• [Task statement]: Below is a block of entries; repeat exactly the lines starting at the line that contains "pub maximum_length : ℕ" and ending at the line that contains "pub previous : Option DictionaryEntry", both included.
───── Data to process
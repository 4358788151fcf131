-- ===== src/Account.antt =====
-- The session of the signed-in account (src/account/AccountSession.cpp).
pub mod Types
pub mod Monad
pub mod Session
pub mod Preferences
pub mod Operations
pub mod Meets
pub mod Access
pub mod Granted
pub mod Keeps
pub mod Renews
pub mod Reviews
pub mod Actions
pub mod Run
pub mod Refused
pub mod Ended
pub mod Restore
pub mod Merge
pub mod Tests
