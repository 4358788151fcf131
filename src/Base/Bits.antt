-- ===== src/Base/Bits.antt =====
-- Finite tables, and the bit operations that the program's masks need.
use Prim.Native.Nat.{ℕ, zero, suc, ◌+◌, ◌<◌, bit_or}
use mathlib.Core.Path.{◌≡◌, refl}
use mathlib.Core.Bool.{Bool, true, false}
use native.Mathlib.Omega.{arith}
use msime_linux.Base.Tests.{if◌then◌else◌, ◌==◌, ==_iff}

-- A test that passes at every number under a bound.
unfoldable pub passes : (ℕ → Bool) → ℕ → Bool
passes test zero = true
passes test (suc bound) = if test bound then passes test bound else false

pub test_of_passes :
    (test : ℕ → Bool) (bound k : ℕ) → passes test bound ≡ true → k < bound → test k ≡ true
unfolding passes
test_of_passes test zero k checked lt = absurd (omega arith)
test_of_passes test (suc bound) k checked lt = ground (arith, test_of_passes test bound k)

continuation_table : passes (λ x. bit_or 0x80 x == 0x80 + x) 64 ≡ true
unfolding passes
continuation_table = refl

lead2_table : passes (λ x. bit_or 0xc0 x == 0xc0 + x) 32 ≡ true
unfolding passes
lead2_table = refl

lead3_table : passes (λ x. bit_or 0xe0 x == 0xe0 + x) 16 ≡ true
unfolding passes
lead3_table = refl

lead4_table : passes (λ x. bit_or 0xf0 x == 0xf0 + x) 8 ≡ true
unfolding passes
lead4_table = refl

-- A marker and a payload of disjoint bits add up.
pub bit_or-continuation : (x : ℕ) → x < 64 → bit_or 0x80 x ≡ 0x80 + x
bit_or-continuation x h = (==_iff _ _).0 (test_of_passes _ 64 x continuation_table h)

pub bit_or-lead2 : (x : ℕ) → x < 32 → bit_or 0xc0 x ≡ 0xc0 + x
bit_or-lead2 x h = (==_iff _ _).0 (test_of_passes _ 32 x lead2_table h)

pub bit_or-lead3 : (x : ℕ) → x < 16 → bit_or 0xe0 x ≡ 0xe0 + x
bit_or-lead3 x h = (==_iff _ _).0 (test_of_passes _ 16 x lead3_table h)

pub bit_or-lead4 : (x : ℕ) → x < 8 → bit_or 0xf0 x ≡ 0xf0 + x
bit_or-lead4 x h = (==_iff _ _).0 (test_of_passes _ 8 x lead4_table h)
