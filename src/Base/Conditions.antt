-- ===== src/Base/Conditions.antt =====
-- Conditions that have to hold together: a chain of `&&`, as the list of its parts.
use Prim.Native.Nat.{ℕ, zero, suc}
use mathlib.Core.Path.{◌≡◌, refl}
use mathlib.Core.Bool.{Bool, true, false, ◌&&◌}
use mathlib.Core.List.{List, [], ◌∷◌}

unfoldable pub all_of : List Bool → Bool
all_of [] = true
all_of (b ∷ bs) = b && all_of bs

-- A part, and the chain with one part replaced.
abbrev pub part : List Bool → ℕ → Bool
part [] i = true
part (b ∷ bs) zero = b
part (b ∷ bs) (suc i) = part bs i

abbrev pub set : List Bool → ℕ → Bool → List Bool
set [] i v = []
set (b ∷ bs) zero v = v ∷ bs
set (b ∷ bs) (suc i) v = b ∷ set bs i v

pub part-all_of : (bs : List Bool) (i : ℕ) → all_of bs ≡ true → part bs i ≡ true
unfolding all_of
part-all_of [] i h = refl
part-all_of (true ∷ bs) zero h = refl
part-all_of (false ∷ bs) zero h = h
part-all_of (true ∷ bs) (suc i) h = part-all_of bs i h
part-all_of (false ∷ bs) (suc i) h = absurd (cc h)

pub all_of-set :
    (bs : List Bool) (i : ℕ) (v : Bool) → v ≡ true → all_of bs ≡ true → all_of (set bs i v) ≡ true
unfolding all_of
all_of-set [] i v e h = h
all_of-set (true ∷ bs) zero v e h = rw e h
all_of-set (false ∷ bs) zero v e h = absurd (cc h)
all_of-set (true ∷ bs) (suc i) v e h = all_of-set bs i v e h
all_of-set (false ∷ bs) (suc i) v e h = absurd (cc h)
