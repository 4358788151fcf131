-- ===== src/Base.antt =====
-- Shared names: numbers, lists, Boolean tests, byte strings and the conditional. A byte string
-- (`std::string`) is the list of its bytes, each below 256.
mod Tests
mod Lists
mod Bits
mod Texts
mod Conditions
pub use Tests.*
unfoldable pub use Lists.*
unfoldable pub use Bits.*
pub use Texts.*
unfoldable pub use Conditions.*
pub use Prim.Native.Nat.{ℕ, zero, suc, ◌+◌, ◌-◌, ◌*◌, ◌/◌, ◌%◌, ◌^◌, ◌≤◌, ◌<◌, min, bit_and, bit_or}
pub use mathlib.Core.Path.{◌≡◌, refl, sym, ap, ◌∙◌, subst}
pub use mathlib.Core.Logic.{◌≢◌, ◌↔◌, ◌⊎◌, inl, inr}
pub use mathlib.Core.Bool.{Bool, true, false, ◌&&◌, ◌||◌, not}
pub use mathlib.Core.Option.{Option, none, some}
pub use mathlib.Core.List.{List, [], ◌∷◌, ◌++◌, map}
pub use native.Mathlib.Omega.{arith}
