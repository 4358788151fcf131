-- ===== src/Account/Types.antt =====
-- The values that an account session passes between the account service, the keyring and its
-- callers (src/account/BackendAccountClient.h, src/account/AccountCredentialStore.h). A 64-bit
-- integer is its bit pattern, and so is a `double`.
use msime_linux.Base.{
  ℕ, ◌^◌, ◌%◌, Bool, true, false, not, ◌&&◌, ◌||◌, Option, List, [], ◌∷◌, Bytes, bytes_eq, ltb,
  ◌==◌, if◌then◌else◌,
}

pub record User : Type 0 where
  pub id : Bytes
  pub display_name : Bytes
  pub created_at : Bytes

pub record Tokens : Type 0 where
  pub access_token : Bytes
  pub refresh_token : Bytes
  pub expires_in : ℕ
  pub user : User

pub record SavedSession : Type 0 where
  pub tokens : Tokens
  pub expires_at : ℕ

pub record Challenge : Type 0 where
  pub id : Bytes
  pub expires_in : ℕ
  pub nonce : Bytes
  pub authorization_url : Bytes

pub record Identity : Type 0 where
  pub provider : Bytes
  pub subject : Bytes

pub record Profile : Type 0 where
  pub user : User
  pub identities : List Identity

pub data PreferenceValue : Type 0 where
  flag : Bool → PreferenceValue
  integer : ℕ → PreferenceValue
  double : ℕ → PreferenceValue
  text : Bytes → PreferenceValue

-- A `std::map` is the list of its entries in the order of their keys.
abbrev pub Settings : Type 0
Settings = List (Bytes × PreferenceValue)

pub record Preferences : Type 0 where
  pub revision : ℕ
  pub settings : Settings

pub record PreferenceField : Type 0 where
  pub type_name : Bytes
  pub maximum_length : ℕ

pub record PreferencesSchema : Type 0 where
  pub maximum_bytes : ℕ
  pub fields : List (Bytes × PreferenceField)

pub record ClipboardItem : Type 0 where
  pub id : Bytes
  pub content : Bytes
  pub updated_at : Bytes

pub record ClipboardSnapshot : Type 0 where
  pub enabled : Bool
  pub items : List ClipboardItem

pub record DictionaryEntry : Type 0 where
  pub id : Bytes
  pub kind : Bytes
  pub code : Bytes
  pub word : Bytes
  pub weight : ℕ
  pub revision : ℕ
  pub updated_at : Bytes

pub record DictionaryPage : Type 0 where
  pub entries : List DictionaryEntry
  pub has_more : Bool
  pub offset : ℕ
  pub revision : ℕ

pub record DictionaryCatalogOptions : Type 0 where
  pub scheme : Bytes
  pub profile : Bytes

pub record DictionaryImportResult : Type 0 where
  pub imported : ℕ
  pub revision : ℕ

pub record DictionaryChange : Type 0 where
  pub revision : ℕ
  pub previous : Option DictionaryEntry
  pub replacement : Option DictionaryEntry

-- What a call throws: the client's `Failure`, or an exception of another kind.
pub data Error : Type 0 where
  failure : ℕ → Bool → Error
  other : ℕ → Error

-- A bit pattern of 64 bits is a NaN, and a zero of either sign.
unfoldable pub is_nan : ℕ → Bool
is_nan x = ltb 0x7ff0000000000000 (x % 2 ^ 63)

unfoldable pub is_zero : ℕ → Bool
is_zero x = x % 2 ^ 63 == 0

unfoldable pub same_double : ℕ → ℕ → Bool
unfolding is_nan is_zero
same_double a b = (a == b && not (is_nan a)) || (is_zero a && is_zero b)

unfoldable pub same_flag : Bool → Bool → Bool
same_flag true b = b
same_flag false b = not b

unfoldable pub same_value : PreferenceValue → PreferenceValue → Bool
unfolding same_flag same_double bytes_eq
same_value (PreferenceValue.flag a) (PreferenceValue.flag b) = same_flag a b
same_value (PreferenceValue.integer a) (PreferenceValue.integer b) = a == b
same_value (PreferenceValue.double a) (PreferenceValue.double b) = same_double a b
same_value (PreferenceValue.text a) (PreferenceValue.text b) = bytes_eq a b
same_value _ _ = false

-- `==` on two maps of settings.
unfoldable pub same_settings : Settings → Settings → Bool
unfolding same_value bytes_eq
same_settings [] [] = true
same_settings ((k, v) ∷ a) ((l, w) ∷ b) = bytes_eq k l && same_value v w && same_settings a b
same_settings [] (_ ∷ _) = false
same_settings (_ ∷ _) [] = false

-- The order of `std::string`: by bytes, and a proper prefix comes first.
unfoldable pub comes_before : Bytes → Bytes → Bool
comes_before a [] = false
comes_before [] (_ ∷ _) = true
comes_before (x ∷ a) (y ∷ b) = if x == y then comes_before a b else ltb x y

-- `settings[key] = value`.
unfoldable pub set_setting : Bytes → PreferenceValue → Settings → Settings
unfolding bytes_eq comes_before
set_setting key value [] = (key, value) ∷ []
set_setting key value ((k, v) ∷ rest) =
    let later = set_setting key value rest in
    if bytes_eq key k
    then (key, value) ∷ rest
    else if comes_before key k
    then (key, value) ∷ (k, v) ∷ rest
    else (k, v) ∷ later

-- The loop of `upload_preferences`: every local setting over the remote ones.
unfoldable pub merge_settings : Settings → Settings → Settings
unfolding set_setting
merge_settings remote [] = remote
merge_settings remote ((k, v) ∷ local) = merge_settings (set_setting k v remote) local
──────────
• [Response to the task]:
  pub maximum_length : ℕ

pub record PreferencesSchema : Type 0 where
  pub maximum_bytes : ℕ
  pub fields : List (Bytes × PreferenceField)

pub record ClipboardItem : Type 0 where
  pub id : Bytes
  pub content : Bytes
  pub updated_at : Bytes

pub record ClipboardSnapshot : Type 0 where
  pub enabled : Bool
  pub items : List ClipboardItem

pub record DictionaryEntry : Type 0 where
  pub id : Bytes
  pub kind : Bytes
  pub code : Bytes
  pub word : Bytes
  pub weight : ℕ
  pub revision : ℕ
  pub updated_at : Bytes

pub record DictionaryPage : Type 0 where
  pub entries : List DictionaryEntry
  pub has_more : Bool
  pub offset : ℕ
  pub revision : ℕ

pub record DictionaryCatalogOptions : Type 0 where
  pub scheme : Bytes
  pub profile : Bytes

pub record DictionaryImportResult : Type 0 where
  pub imported : ℕ
  pub revision : ℕ

pub record DictionaryChange : Type 0 where
  pub revision : ℕ
  pub previous : Option DictionaryEntry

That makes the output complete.